↓

-- ===== src/Examples/Greetings.antt =====
-- The example programs: the provider, the signals that end it, a round of calls, and a stream.
use triple.Programs.Provider
use triple.Programs.Startup.{Platform, run_provider}
use triple.Base.{
  ◌*◌, ◌-◌, map, length, ◌++◌, Option, count_if, ◌≢◌, none, ◌>>=◌, false, some, true, modify, ◌≤◌,
  pure, returned, ◌+◌, ◌≡◌, String, List, [], ◌∷◌, refl,
}
use triple.Programs.Signals.{
  init_signal_lem, ended, ended_process, waiting, signal_lines, sighup, Signal, init_signal,
}
use triple.Programs.Parallel.{
  IsOver, callers_of_round, step, launch, advance, Turn, new_round, turn, run_round,
}
use triple.Programs.Consumer.{
  StreamClient, test_say_hello_stream, test_say_hello, GreeterClientImpl,
}
use triple.Programs.{after_func, second, sleep, write, User, Process}
use triple.Programs.Parallel.Counting.{has_succeeded}
use triple.Programs.Parallel.Rounds.{
  Move, within, go_on, run_moves, move, new_tester, AddsUp, bad_counter, good_counter,
  run_moves_lem, run_moves-goes_on,
}

abbrev idle_process : Process (List User)
idle_process = record { world = []; lines = []; slept = 0; timers = [] }

abbrev signal_name : Signal → String
signal_name sighup = "hangup"
signal_name s = "other"

init_signal_lem_example :
    (init_signal signal_name (sighup ∷ sighup ∷ []) idle_process ≡ (
      record idle_process {
        lines = signal_lines signal_name (sighup ∷ sighup ∷ []) idle_process.lines;
      },
      returned waiting,
    ))
    × ((sig : Signal) (rest : List Signal)
        → sig ≢ sighup
        → init_signal signal_name (sighup ∷ sighup ∷ sig ∷ rest) idle_process ≡ (
          ended_process signal_name (sighup ∷ sighup ∷ sig ∷ []) idle_process,
          returned (ended rest),
        ))
init_signal_lem_example =
    init_signal_lem signal_name (sighup ∷ sighup ∷ []) idle_process (refl, (refl, tt))

-- Two goroutines, of which one fails.
abbrev two_callers : List Turn
two_callers = launch ∷ step 0 true ∷ launch ∷ step 1 false ∷ step 1 false ∷ step 0 true ∷ []

abbrev two_moves : List Move
two_moves = map within two_callers

run_moves_lem_example :
    let t = run_moves two_moves new_tester in
    let succeeded = count_if has_succeeded t.round.callers in
    AddsUp t.printed
    × (2 * t.slept ≡ length t.printed * (5 * second))
    × (t.round.good_counter + t.round.bad_counter ≤ callers_of_round)
    × (IsOver t.round
        → move go_on t ≡ record {
          round = new_round;
          printed = bad_counter (callers_of_round - succeeded) ∷ good_counter succeeded ∷ t.printed;
          slept = t.slept + second * 5;
        })
run_moves_lem_example = run_moves_lem two_moves

run_moves-goes_on_example :
    (more : List Move) × (length (run_moves (two_moves ++ more) new_tester).printed
      ≡ length (run_moves two_moves new_tester).printed + 2 * 3)
run_moves-goes_on_example = run_moves-goes_on two_moves 3

-- A round that is not over prints nothing.
two_moves-silent : (run_moves (two_moves ++ go_on ∷ []) new_tester).printed ≡ []
unfolding run_moves move run_round turn advance new_round new_tester
two_moves-silent = refl

two_callers-counted :
    let r = run_round two_callers new_round in (r.good_counter ≡ 1) × (r.bad_counter ≡ 1)
unfolding run_round turn advance new_round
two_callers-counted = (refl, refl)

abbrev first : List User → Option User
first [] = none
first (u ∷ us) = some u

-- What is sent runs the provider, whose answer is received.
abbrev direct_stream : StreamClient (List User)
direct_stream = record {
  send = λ request. Provider.say_hello_stream (record {
    recv = λ p. (p, returned (some request, none));
    send = λ user p. (record p { world = user ∷ [] }, returned none);
  });
  recv = λ p. (p, returned (first p.world, none));
}

-- The consumer's stub, answered by the provider in the same process.
abbrev direct_stub : GreeterClientImpl (List User)
direct_stub = record {
  say_hello_stream = λ ctx p. (p, returned (some direct_stream, none));
  say_hello = Provider.say_hello;
}

test_say_hello-direct : (test_say_hello direct_stub idle_process).1 ≡ returned tt
unfolding test_say_hello Provider.say_hello write sleep pure modify ◌>>=◌
test_say_hello-direct = refl

test_say_hello_stream-direct :
    let run = test_say_hello_stream direct_stub idle_process in
    (run.1 ≡ returned tt)
    × (run.0.world ≡ record { name = "hello laurence"; id = "123456789"; age = 18 } ∷ [])
unfolding test_say_hello_stream Provider.say_hello_stream write pure modify ◌>>=◌
test_say_hello_stream-direct = (refl, refl)

-- The provider's program up to its end.
run_provider-ends :
    let platform : Platform (List User) = record {
      set_mutex_profile_fraction = λ n. pure tt;
      set_provider_service = pure tt;
      go_listen_and_serve = λ address. pure tt;
      load = pure tt;
    } in
    (run_provider platform signal_name (sighup ∷ Signal.kill ∷ []) idle_process).1
    ≡ returned (ended [])
unfolding run_provider init_signal write sleep after_func pure modify ◌>>=◌
run_provider-ends = refl
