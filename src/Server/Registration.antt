-- ===== src/Server/Registration.antt =====
-- How `TripleServer.Start` and `RefreshService` register the services of the map
-- (pkg/triple/dubbo3_server.go).
use triple.Base.{
  [], ◌∷◌, none, ◌&&◌, panic, gets, is_some, ◌==◌, ◌>>=◌, nat_eq, if◌then◌else◌, some, pure, Bool,
  ◌>>◌, modify, M, Option, ℕ, String,
}
use triple.Server.Environment.{register_in, update_server, invoke_with_args, Host, ServiceDesc}
use triple.Base.Dict.{Dict}

-- A value of the service map, by the interfaces that it implements: `TripleGrpcService` with the
-- address of the descriptor that `XXX_ServiceDesc` returns, `TripleUnaryService`, and
-- `TripleGrpcReflectService`.
pub record Service : Type 0 where
  pub number : ℕ
  pub grpc_desc : Option ℕ
  pub is_unary : Bool
  pub is_reflect : Bool

abbrev pub reflection_key : String
reflection_key = "grpc.reflection.v1alpha.ServerReflection"

-- The descriptor that `createGrpcDesc` makes.
unfoldable pub create_grpc_desc : String → ℕ → ServiceDesc
create_grpc_desc service_name service = record {
  service_name = service_name;
  handlers = invoke_with_args service;
}

module _ {Codec : Type 0} where
  -- `desc.ServiceName = key` writes to the descriptor in memory.
  unfoldable pub rename_desc : ℕ → String → Host Codec → Host Codec
  rename_desc a key h = record h {
    desc_at = λ b. if nat_eq b a then record (h.desc_at a) { service_name = key } else h.desc_at b;
  }

  -- `grpcServer.RegisterService(desc, value)`
  unfoldable pub register_service : ℕ → ServiceDesc → ℕ → M (Host Codec) (Unit {0})
  register_service server desc service =
      modify (update_server server (register_in (record { desc = desc; service = service })))

  unfoldable pub register_desc : ℕ → String → Service → Option ℕ → M (Host Codec) (Unit {0})
  unfolding register_service
  register_desc server key value (some a) = do
    modify (rename_desc a key)
    desc ← gets (λ h. h.desc_at a)
    register_service server desc value.number
  register_desc server key value none =
      if value.is_unary
      then register_service server (create_grpc_desc key value.number) value.number
      else panic

  -- The reflection service is told its server; a service that is not one panics.
  unfoldable pub set_reflection : ℕ → String → Service → M (Host Codec) (Unit {0})
  set_reflection server key value =
      if key == reflection_key
      then (if is_some value.grpc_desc && value.is_reflect
          then modify
              (λ h. record h { reflection_server = (value.number, server) ∷ h.reflection_server })
          else panic)
      else pure tt

  -- One round of the `Range` callback, but for `registeredKey`.
  unfoldable pub register_one : ℕ → String → Service → M (Host Codec) (Unit {0})
  unfolding register_desc set_reflection
  register_one server key value = do
    register_desc server key value value.grpc_desc
    set_reflection server key value

  unfoldable pub register_services : ℕ → Dict Service → M (Host Codec) (Unit {0})
  register_services server [] = pure tt
  register_services server ((key, value) ∷ m) = do
    register_one server key value
    register_services server m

↑

• _Directions_
Above are the records; repeat exactly the lines from the one holding "two_callers-counted = (refl, refl)" down to the one holding "send = λ request.", end lines included.

• _Exercise response_
two_callers-counted = (refl, refl)

abbrev first : List User → Option User
first [] = none
first (u ∷ us) = some u

-- What is sent runs the provider, whose answer is received.
abbrev direct_stream : StreamClient (List User)
direct_stream = record {
  send = λ request. Provider.say_hello_stream (record {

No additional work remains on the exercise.